*** Opening of DATA SHOWN ***
-- ===== src/Stats/Collector/Quiet.antt =====
-- The counters of internal/wait0/stats/collector.go when no goroutine is inside an observation, and a
-- goroutine that runs alone.
use mathlib.Core.Path.{subst}
use wait.Base.{
  ℕ, zero, suc, ◌+◌, ◌%◌, ◌≡◌, ◌<◌, ◌∙◌, refl, List, [], ◌∷◌, leb, if◌then◌else◌, add64, two63,
  two64, max_uint64, arith, length,
}
use wait.Stats.Collector.{Gauge, Pc, System, Reach, add_count, finished, advance, begin, clamp}
use wait.Stats.Collector.Folds.{sum_of, least, greatest}
use wait.Stats.Collector.Counts.{value, counted, added, low_done, high_done}
use wait.Stats.Collector.Extremes.{IsGauge, Reach-IsGauge}

-- The sizes, their sum, and their extremes.
abbrev pub sum : List ℕ → ℕ
sum [] = 0
sum (n ∷ ns) = n + sum ns

abbrev pub minimum : List ℕ → ℕ
minimum [] = max_uint64
minimum (n ∷ ns) = if leb n (minimum ns) then n else minimum ns

abbrev pub maximum : List ℕ → ℕ
maximum [] = 0
maximum (n ∷ ns) = if leb (maximum ns) n then n else maximum ns

abbrev pub done : List ℕ → List Pc
done [] = []
done (n ∷ ns) = finished n ∷ done ns

-- What the gauge holds when the observations of `ns` are over.
pub record Measures (g : Gauge) (ns : List ℕ) : Type 0 where
  pub count : g.count ≡ length ns % two64
  pub total : g.total ≡ sum ns % two64
  pub min : g.min ≡ minimum ns
  pub max : g.max ≡ maximum ns

folds_done :
    (ns : List ℕ)
    → (sum_of counted (done ns) ≡ length ns)
      × (sum_of added (done ns) ≡ sum ns)
      × (least value (done ns) ≡ minimum ns)
      × (least low_done (done ns) ≡ minimum ns)
      × (greatest value (done ns) ≡ maximum ns)
      × (greatest high_done (done ns) ≡ maximum ns)
unfolding sum_of least greatest value counted added low_done high_done
folds_done [] = (refl, refl, refl, refl, refl, refl)
folds_done (n ∷ ns) = ground (arith, folds_done ns)

-- However the operations of the goroutines interleave: in a reachable state in which every observation
-- is over, the count is their number and the total their sum (modulo 2 ^ 64), and the minimum and the
-- maximum are those of the sizes: no update is lost.
pub Reach-Measures :
    (s : System) (ns : List ℕ) → Reach s → s.threads ≡ done ns → Measures s.gauge ns
Reach-Measures s ns r e =
    let ok : IsGauge s.gauge (done ns) = subst (IsGauge s.gauge) e (Reach-IsGauge r) in
    let (c, a, lv, ld, hv, hd) = folds_done ns in
    record {
      count = omega (arith, ok.counts, c);
      total = omega (arith, ok.adds, a);
      min = omega (arith, ok.low_from, ok.low_kept, lv, ld);
      max = omega (arith, ok.high_from, ok.high_kept, hv, hd);
    }

-- The operations of one goroutine while the others stand.
abbrev pub alone : ℕ → Gauge → Pc → Gauge × Pc
alone zero g pc = (g, pc)
alone (suc k) g pc = alone k (advance g pc).0 (advance g pc).1

-- What an observation does as a whole.
unfoldable pub observe : Gauge → ℕ → Gauge
observe g n = record {
  count = add64 g.count 1;
  total = add64 g.total n;
  min = if leb g.min n then g.min else n;
  max = if leb n g.max then g.max else n;
}

-- What counts of an int64: a pattern from 2 ^ 63 on is a negative number.
unfoldable pub observed : ℕ → ℕ
observed n = if leb two63 n then 0 else n

-- A goroutine that runs alone leaves both loops: six operations are enough, whatever the gauge holds,
-- and together they are one observation: of 0 where the int64 is negative.
pub alone-finishes :
    (g : Gauge) (n : ℕ)
    → n < two64
    → alone 6 g (begin n) ≡ (observe g (observed n), finished (observed n))
unfolding advance observe begin clamp observed
alone-finishes g n small =
    go (clamp n) ∙ (let e : clamp n ≡ observed n = ground (arith, small) in rw e refl)
  where
    go : (m : ℕ) → alone 6 g (add_count m) ≡ (observe g m, finished m)
    go m = ground arith
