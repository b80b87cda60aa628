-- ===== src/Stats/Collector/Tests.antt =====
-- Runs of internal/wait0/stats/collector.go.
use wait.Base.{arith, ℕ, ◌≡◌, refl, [], ◌∷◌}
use wait.Stats.Collector.{
  Gauge, Pc, System, Reach, Step, here, later, call, move, start, new_gauge, advance, begin, clamp,
  add_count, add_total, load_min, swap_min, load_max, swap_max, finished, snapshot,
}
use wait.Stats.Collector.Quiet.{Measures, Reach-Measures, alone, alone-finishes, observe, observed}

program : Unit {0}
unfolding advance begin clamp snapshot observe
program = tt

-- Goroutines that observe 5 and 3; the second writes the minimum between the load and the swap of the
-- first, whose swap fails and is tried again.
abbrev gauge_of : ℕ → ℕ → ℕ → ℕ → Gauge
gauge_of count total min max = record { count = count; total = total; min = min; max = max }

abbrev max64 : ℕ
max64 = 18446744073709551615

abbrev both : Gauge → Pc → Pc → System
both g a b = record { gauge = g; threads = a ∷ b ∷ [] }

first : (g : Gauge) (a b : Pc) → Step (both g a b) (both (advance g a).0 (advance g a).1 b)
first g a b = move g [] a (b ∷ [])

second : (g : Gauge) (a b : Pc) → Step (both g a b) (both (advance g b).0 a (advance g b).1)
second g a b = move g (a ∷ []) b []

both-begun : Reach (both new_gauge (add_count 5) (add_count 3))
unfolding program
both-begun =
    later (later here (call start 3))
      (call (record { gauge = new_gauge; threads = begin 3 ∷ [] }) 5)

raced : Reach (both (gauge_of 2 8 3 0) (swap_min 5 max64) (load_max 3))
unfolding program
raced =
    later
      (later
        (later
          (later
            (later
              (later (later both-begun (first _ (add_count 5) (add_count 3)))
                (first (gauge_of 1 0 max64 0) (add_total 5) (add_count 3)))
              (first (gauge_of 1 5 max64 0) (load_min 5) (add_count 3)))
            (second (gauge_of 1 5 max64 0) (swap_min 5 max64) (add_count 3)))
          (second (gauge_of 2 5 max64 0) (swap_min 5 max64) (add_total 3)))
        (second (gauge_of 2 8 max64 0) (swap_min 5 max64) (load_min 3)))
      (second (gauge_of 2 8 max64 0) (swap_min 5 max64) (swap_min 3 max64))

settled : Reach (both (gauge_of 2 8 3 5) (finished 5) (finished 3))
unfolding program
settled =
    later
      (later
        (later
          (later
            (later (later raced (first (gauge_of 2 8 3 0) (swap_min 5 max64) (load_max 3)))
              (first (gauge_of 2 8 3 0) (load_min 5) (load_max 3)))
            (first (gauge_of 2 8 3 0) (load_max 5) (load_max 3)))
          (first (gauge_of 2 8 3 0) (swap_max 5 0) (load_max 3)))
        (second (gauge_of 2 8 3 5) (finished 5) (load_max 3)))
      (second (gauge_of 2 8 3 5) (finished 5) (finished 3))

Reach-Measures_example : Measures (gauge_of 2 8 3 5) (5 ∷ 3 ∷ [])
Reach-Measures_example =
    Reach-Measures (both (gauge_of 2 8 3 5) (finished 5) (finished 3)) (5 ∷ 3 ∷ []) settled refl

alone-finishes_example :
    alone 6 (gauge_of 2 8 3 5) (begin 9)
    ≡ (observe (gauge_of 2 8 3 5) (observed 9), finished (observed 9))
alone-finishes_example = alone-finishes (gauge_of 2 8 3 5) 9 (omega arith)

shown_average :
    (snapshot (record { responses = gauge_of 2 8 3 5; refreshes = new_gauge })).avg_resp_bytes ≡ 4
unfolding program
shown_average = refl
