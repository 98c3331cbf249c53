-- ===== src/JobSet/Laws.antt =====
-- The set that typedhandler_job_set.go keeps, seen through `Contains` and `Len`.
use allino.Base.{
  ◌==◌, ◌≡◌, refl, ap, sym, ◌∙◌, inl, inr, true, false, not, ◌&&◌, ◌||◌, List, [], ◌∷◌, ◌++◌,
  length, arith, Bool-cases,
}
use allino.Base.Bytes.{Bytes, bytes_eq, bytes_eq_comm, eq_of_bytes_eq}
use allino.JobSet.{
  Jobset, member, add, without, remove, len, contains, total_len, in_any, outside, diff,
}

-- Every name once.
abbrev pub AreDistinct : List Bytes → Type 0
AreDistinct [] = Unit
AreDistinct (x ∷ xs) = (member x xs ≡ false) × AreDistinct xs

member-append :
    (v w : Bytes) (xs : List Bytes) → member v (xs ++ w ∷ []) ≡ member v xs || bytes_eq w v
unfolding member
member-append v w [] = ground arith
member-append v w (x ∷ xs) = ground (arith, member-append v w xs)

member-without :
    (v w : Bytes) (xs : List Bytes) → member v (without w xs) ≡ member v xs && not (bytes_eq w v)
unfolding member without
member-without v w [] = refl
member-without v w (x ∷ xs) = elim (Bool-cases (bytes_eq x w)) [
  | inl e ↦ rw (e, without) (rw (eq_of_bytes_eq x w e) (ground (arith, member-without v w xs)))
  | inr e ↦ elim (Bool-cases (bytes_eq x v)) [
    | inl f ↦
        let ne : bytes_eq w v ≡ false =
          ap (bytes_eq w) (sym (eq_of_bytes_eq x v f)) ∙ bytes_eq_comm w x ∙ e in
        rw (e, without) (rw (f, ne) refl)
    | inr f ↦ rw (e, without) (rw f (member-without v w xs))
  ]
]

append-AreDistinct :
    (v : Bytes) (xs : List Bytes)
    → member v xs ≡ false
    → AreDistinct xs
    → AreDistinct (xs ++ v ∷ [])
unfolding member
append-AreDistinct v [] m h = (refl, tt)
append-AreDistinct v (x ∷ xs) m h =
    let apart : (bytes_eq v x ≡ false) × (member v xs ≡ false) =
      ground (arith, bytes_eq_comm v x) in
    (member-append x v xs ∙ rw (h.0, apart.0) refl, append-AreDistinct v xs apart.1 h.1)

without-AreDistinct : (v : Bytes) (xs : List Bytes) → AreDistinct xs → AreDistinct (without v xs)
unfolding without
without-AreDistinct v [] h = tt
without-AreDistinct v (x ∷ xs) h = elim (Bool-cases (bytes_eq x v)) [
  | inl e ↦ rw e (without-AreDistinct v xs h.1)
  | inr e ↦ rw e (member-without x v xs ∙ rw h.0 refl, without-AreDistinct v xs h.1)
]

member-outside :
    (v : Bytes) (others : List Jobset) (xs : List Bytes)
    → member v (outside others xs) ≡ member v xs && not (in_any v others)
unfolding member outside
member-outside v others [] = refl
member-outside v others (x ∷ xs) =
    let rest = member-outside v others xs in
    elim (Bool-cases (in_any x others)) [
      | inl t ↦ elim (Bool-cases (bytes_eq x v)) [
        | inl e ↦
            let found : in_any v others ≡ true =
              ap (λ k. in_any k others) (sym (eq_of_bytes_eq x v e)) ∙ t in
            ground (arith, rest, found)
        | inr e ↦ ground (arith, rest)
      ]
      | inr f ↦ elim (Bool-cases (bytes_eq x v)) [
        | inl e ↦
            let missed : in_any v others ≡ false =
              ap (λ k. in_any k others) (sym (eq_of_bytes_eq x v e)) ∙ f in
            ground (arith, rest, missed)
        | inr e ↦ ground (arith, rest)
      ]
    ]

member-none : (v : Bytes) (xs : List Bytes) → length xs ≡ 0 → member v xs ≡ false
unfolding member
member-none v [] h = refl
member-none v (x ∷ xs) h = absurd (omega (arith, h))

-- Sets without a name contain nothing.
in_any-empty : (v : Bytes) (others : List Jobset) → total_len others ≡ 0 → in_any v others ≡ false
unfolding in_any total_len contains len
in_any-empty v [] h = refl
in_any-empty v (o ∷ os) h =
    rw (member-none v o.names (omega (arith, h)), in_any-empty v os (omega (arith, h))) refl

-- After Add a jobset contains the name added and what it contained before, and nothing else.
pub contains-add : (v w : Bytes) (s : Jobset) → contains v (add w s) ≡ contains v s || bytes_eq w v
unfolding contains add
contains-add v w s = elim (Bool-cases (member w s.names)) [
  | inl e ↦ elim (Bool-cases (bytes_eq w v)) [
    | inl f ↦
        let held : member v s.names ≡ true =
          ap (λ k. member k s.names) (sym (eq_of_bytes_eq w v f)) ∙ e in
        rw e (rw held refl)
    | inr f ↦ rw e (rw f (ground arith))
  ]
  | inr e ↦ rw e (member-append v w s.names)
]

-- After Remove a jobset contains what it contained before but the name removed.
pub contains-remove :
    (v w : Bytes) (s : Jobset) → contains v (remove w s) ≡ contains v s && not (bytes_eq w v)
unfolding contains remove
contains-remove v w s = member-without v w s.names

-- Diff holds exactly the names of the set that no other set contains, its early return for
-- empty sets included.
pub member-diff :
    (v : Bytes) (s : Jobset) (others : List Jobset)
    → member v (diff s others) ≡ contains v s && not (in_any v others)
unfolding diff contains
member-diff v s others = elim (Bool-cases (total_len others == 0)) [
  | inl e ↦ rw (e, in_any-empty v others (ground arith)) (ground arith)
  | inr e ↦ rw e (member-outside v others s.names)
]

pub add-AreDistinct : (v : Bytes) (s : Jobset) → AreDistinct s.names → AreDistinct (add v s).names
unfolding add
add-AreDistinct v s h = elim (Bool-cases (member v s.names)) [
  | inl e ↦ rw e h
  | inr e ↦ rw e (append-AreDistinct v s.names e h)
]

pub remove-AreDistinct :
    (v : Bytes) (s : Jobset) → AreDistinct s.names → AreDistinct (remove v s).names
unfolding remove
remove-AreDistinct v s h = without-AreDistinct v s.names h
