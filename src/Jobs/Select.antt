-- ===== src/Jobs/Select.antt =====
-- The `SELECT … LIMIT 1` of `Dequeue` in typedhandler_job_sql.go: the first eligible row.
use allino.Base.{
  ℕ, ◌≡◌, refl, sym, true, false, List, [], ◌∷◌, Option, none, some, arith, Bool-cases, inl, inr,
  subst,
}
use allino.Base.Bytes.{Bytes}
use allino.Jobs.Table.{Row}
use allino.Jobs.Queue.{eligible, precedes, better, select_next}
use allino.Jobs.Rows.{Holds}

precedes_asym : (a b : Row) → precedes a b ≡ true → precedes b a ≡ false
unfolding precedes
precedes_asym a b h = ground arith

not_precedes_trans :
    (a b c : Row) → precedes a b ≡ false → precedes b c ≡ false → precedes a c ≡ false
unfolding precedes
not_precedes_trans a b c h k = ground arith

-- No eligible row is served before the chosen one.
abbrev pub Leads : ℕ → List Bytes → Row → List Row → Type 0
Leads now handlers r rs =
    (s : Row) → Holds s rs → eligible now handlers s ≡ true → precedes s r ≡ false

-- What `SELECT … LIMIT 1` finds.
abbrev pub Selects : ℕ → List Bytes → List Row → Option Row → Type 0
Selects now handlers rs none = (s : Row) → Holds s rs → eligible now handlers s ≡ false
Selects now handlers rs (some r) =
    Holds r rs × (eligible now handlers r ≡ true) × Leads now handlers r rs

better_rest : (r t : Row) → precedes t r ≡ true → better r (some t) ≡ t
better_rest r t p = rw p

better_head : (r t : Row) → precedes t r ≡ false → better r (some t) ≡ r
better_head r t p = rw p

module _ (now : ℕ) (handlers : List Bytes) where
  skip_row :
      (r : Row) (rs : List Row) (o : Option Row)
      → eligible now handlers r ≡ false
      → Selects now handlers rs o
      → Selects now handlers (r ∷ rs) o
  skip_row r rs none e h = λ s. elim [ inl q ↦ rw q e | inr m ↦ h s m ]
  skip_row r rs (some t) e (m, k, l) = (inr m, k, lead)
    where
      lead : Leads now handlers t (r ∷ rs)
      lead s (inl q) k = cc
      lead s (inr n) k = l s n k

  take_row :
      (r : Row) (rs : List Row) (o : Option Row)
      → eligible now handlers r ≡ true
      → Selects now handlers rs o
      → Selects now handlers (r ∷ rs) (some (better r o))
  take_row r rs none e h = (inl refl, e, lead)
    where
      lead : Leads now handlers r (r ∷ rs)
      lead s (inl q) k =
          rw q (elim (Bool-cases (precedes r r)) [ inl p ↦ precedes_asym r r p | inr p ↦ p ])
      lead s (inr n) k = cc (h s n)
  take_row r rs (some t) e (m, k, l) = elim (Bool-cases (precedes t r)) [
    | inl p ↦
        subst (λ q. Selects now handlers (r ∷ rs) (some q)) (sym (better_rest r t p))
          (inr m, k, first p)
    | inr p ↦
        subst (λ q. Selects now handlers (r ∷ rs) (some q)) (sym (better_head r t p))
          (inl refl, e, second p)
  ]
    where
      first : precedes t r ≡ true → Leads now handlers t (r ∷ rs)
      first p s (inl q) k = rw q (precedes_asym t r p)
      first p s (inr n) k = l s n k

      second : precedes t r ≡ false → Leads now handlers r (r ∷ rs)
      second p s (inl q) k =
          rw q (elim (Bool-cases (precedes r r)) [ inl p ↦ precedes_asym r r p | inr p ↦ p ])
      second p s (inr n) k = not_precedes_trans s t r (l s n k) p

  pub select_next-Selects : (rs : List Row) → Selects now handlers rs (select_next now handlers rs)
  unfolding select_next
  select_next-Selects [] = λ s h. absurd h
  select_next-Selects (r ∷ rs) = elim (Bool-cases (eligible now handlers r)) [
    | inl e ↦ rw e (take_row r rs (select_next now handlers rs) e (select_next-Selects rs))
    | inr e ↦ rw e (skip_row r rs (select_next now handlers rs) e (select_next-Selects rs))
  ]
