-- ===== src/Jobs/Dispatch.antt =====
-- `Dequeue` of typedhandler_job_sql.go: which job is leased, and that it is leased once.
use allino.Base.{
  ◌+◌, ℕ, ◌==◌, ==_refl, ==_ne, ◌≡◌, ◌≢◌, refl, ap, ◌∙◌, true, false, List, Option, none, some,
  if◌then◌else◌, Option-cases, inl, inr, subst,
}
use allino.Base.Bytes.{Bytes, bytes_eq, bytes_eq_refl}
use allino.Base.Int.{ℤ}
use allino.Jobs.Table.{leased, Row, Db, update_rows, find_row}
use allino.Jobs.Keys.{find_row-map}
use allino.Jobs.Queue.{eligible, select_next, lease, dequeue, JobTask}
use allino.Jobs.Sound.{IsSound, after_dequeue}
use allino.Jobs.Rows.{Holds, find_row-Holds, Holds-find_row, row_of_id}
use allino.Jobs.Select.{Leads, Selects, select_next-Selects}

-- What `Dequeue` hands out: a job that is queued, due and of a listed handler, which no other such
-- job precedes in the order of priority, age and id. It is leased until the end of the lease, and
-- the rest of the table is as before. `none` means that there was no such job.
abbrev pub Dispatched : ℕ → List Bytes → ℕ → Db → Option (JobTask × ℤ × Db) → Type 0
Dispatched now handlers lease_dur db none =
    (s : Row) → Holds s db.executions → eligible now handlers s ≡ false
Dispatched now handlers lease_dur db (some (task, gap, db')) =
    (r : Row) × Holds r db.executions
    × (eligible now handlers r ≡ true)
    × Leads now handlers r db.executions
    × (task.key ≡ r.key)
    × (task.handler ≡ r.handler)
    × (task.input ≡ r.input)
    × (find_row task.key db'.executions
        ≡ some
            (record r { status = leased; leased_until = some (now + lease_dur); updated_at = now }))
    × ((key : Bytes)
        → bytes_eq task.key key ≡ false
        → find_row key db'.executions ≡ find_row key db.executions)

leased_self :
    (now lease_dur : ℕ) (r : Row) (db : Db)
    → IsSound db
    → Holds r db.executions
    → find_row r.key (update_rows (λ s. s.id == r.id) (lease now lease_dur) db).executions
      ≡ some (record r { status = leased; leased_until = some (now + lease_dur); updated_at = now })
unfolding update_rows lease
leased_self now lease_dur r db sound h = rw (
  find_row-map (λ s. s.id == r.id) (lease now lease_dur) r.key db.executions
      (unfold lease in λ q. (refl, refl)),
  find_row-Holds r db.executions sound.keyed h,
  ==_refl r.id,
)

leased_other :
    (now lease_dur : ℕ) (r : Row) (db : Db) (key : Bytes)
    → IsSound db
    → Holds r db.executions
    → bytes_eq r.key key ≡ false
    → find_row key (update_rows (λ s. s.id == r.id) (lease now lease_dur) db).executions
      ≡ find_row key db.executions
unfolding update_rows
leased_other now lease_dur r db key sound h e =
    find_row-map (λ s. s.id == r.id) (lease now lease_dur) key db.executions
      (unfold lease in λ q. (refl, refl))
    ∙ elim (Option-cases (find_row key db.executions)) [
      | inl n ↦ rw n
      | inr (q, f) ↦ rw f (ap (λ b. some (if b then lease now lease_dur q else q)) (distinct q f))
    ]
  where
    distinct : (q : Row) → find_row key db.executions ≡ some q → (q.id == r.id) ≡ false
    distinct q f =
        let (held, of_key) = Holds-find_row key db.executions q f in
        ==_ne q.id r.id λ same.
          let one = row_of_id 0 db.next_id q r db.executions sound.numbered held h same in
          cc (bytes_eq_refl key, ap (λ (t : Row). t.key) one, of_key)

-- On sound tables, Dequeue hands out a row of the table that is queued, due and of a listed
-- handler and that no other such row precedes in the order of priority, age and id; the row is
-- leased until the end of the lease and every other key has the row it had; where it answers
-- that there is no job, no row is queued, due and of a listed handler.
pub dequeue-Dispatched :
    (now : ℕ) (handlers : List Bytes) (lease_dur : ℕ) (db : Db)
    → IsSound db
    → Dispatched now handlers lease_dur db (dequeue now handlers lease_dur db)
unfolding dequeue
dequeue-Dispatched now handlers lease_dur db sound =
    elim (Option-cases (select_next now handlers db.executions)) [
      | inl e ↦ rw (e, dequeue) (selected none e)
      | inr (r, e) ↦
          let (h, ok, first) = selected (some r) e in
          rw (e, dequeue)
            (
              r,
              h,
              ok,
              first,
              refl,
              refl,
              refl,
              leased_self now lease_dur r db sound h,
              λ key ne. leased_other now lease_dur r db key sound h ne,
            )
    ]
  where
    selected :
        (o : Option Row)
        → select_next now handlers db.executions ≡ o
        → Selects now handlers db.executions o
    selected o e =
        subst (Selects now handlers db.executions) e
          (select_next-Selects now handlers db.executions)

not_eligible_leased :
    (now now' : ℕ) (handlers : List Bytes) (lease_dur : ℕ) (r : Row)
    → eligible now' handlers
        (record r { status = leased; leased_until = some (now + lease_dur); updated_at = now })
      ≡ false
unfolding eligible
not_eligible_leased now now' handlers lease_dur r = refl

-- On sound tables, a Dequeue that directly follows another one, at any time and for any
-- handlers, never gives the same job key.
pub dequeue_twice :
    (now now' : ℕ) (handlers handlers' : List Bytes) (dur dur' : ℕ) (db db' db'' : Db)
    (first second : JobTask) (gap gap' : ℤ)
    → IsSound db
    → dequeue now handlers dur db ≡ some (first, gap, db')
    → dequeue now' handlers' dur' db' ≡ some (second, gap', db'')
    → second.key ≢ first.key
dequeue_twice now now' handlers handlers' dur dur' db db' db'' first second gap gap' sound e e' q =
    let (r, _, _, _, _, _, _, held, _) =
      subst (Dispatched now handlers dur db) e (dequeue-Dispatched now handlers dur db sound) in
    let (s, h, ok, _, task, _, _, _, _) =
      subst (Dispatched now' handlers' dur' db') e'
        (dequeue-Dispatched now' handlers' dur' db' sound') in
    let again = find_row-Holds s db'.executions sound'.keyed h in
    cc (task, again, held, ok, not_eligible_leased now now' handlers' dur r)
  where
    sound' : IsSound db'
    sound' = after_dequeue now handlers dur db first gap db' e sound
*** Close of DATA SHOWN ***
**WHAT IS EXPECTED**
From the records above, retype only the lines starting at the line that contains "member-none : (v" and ending at the line that contains "let held : member", both included.

**EXERCISE RESULT**
member-none : (v : Bytes) (xs : List Bytes) → length xs ≡ 0 → member v xs ≡ false
unfolding member
member-none v [] h = refl
member-none v (x ∷ xs) h = absurd (omega (arith, h))

-- Sets without a name contain nothing.
in_any-empty : (v : Bytes) (others : List Jobset) → total_len others ≡ 0 → in_any v others ≡ false
unfolding in_any total_len contains len
in_any-empty v [] h = refl
in_any-empty v (o ∷ os) h =
    rw (member-none v o.names (omega (arith, h)), in_any-empty v os (omega (arith, h))) refl

-- After Add a jobset contains the name added and what it contained before, and nothing else.
pub contains-add : (v w : Bytes) (s : Jobset) → contains v (add w s) ≡ contains v s || bytes_eq w v
unfolding contains add
contains-add v w s = elim (Bool-cases (member w s.names)) [
  | inl e ↦ elim (Bool-cases (bytes_eq w v)) [
    | inl f ↦
        let held : member v s.names ≡ true =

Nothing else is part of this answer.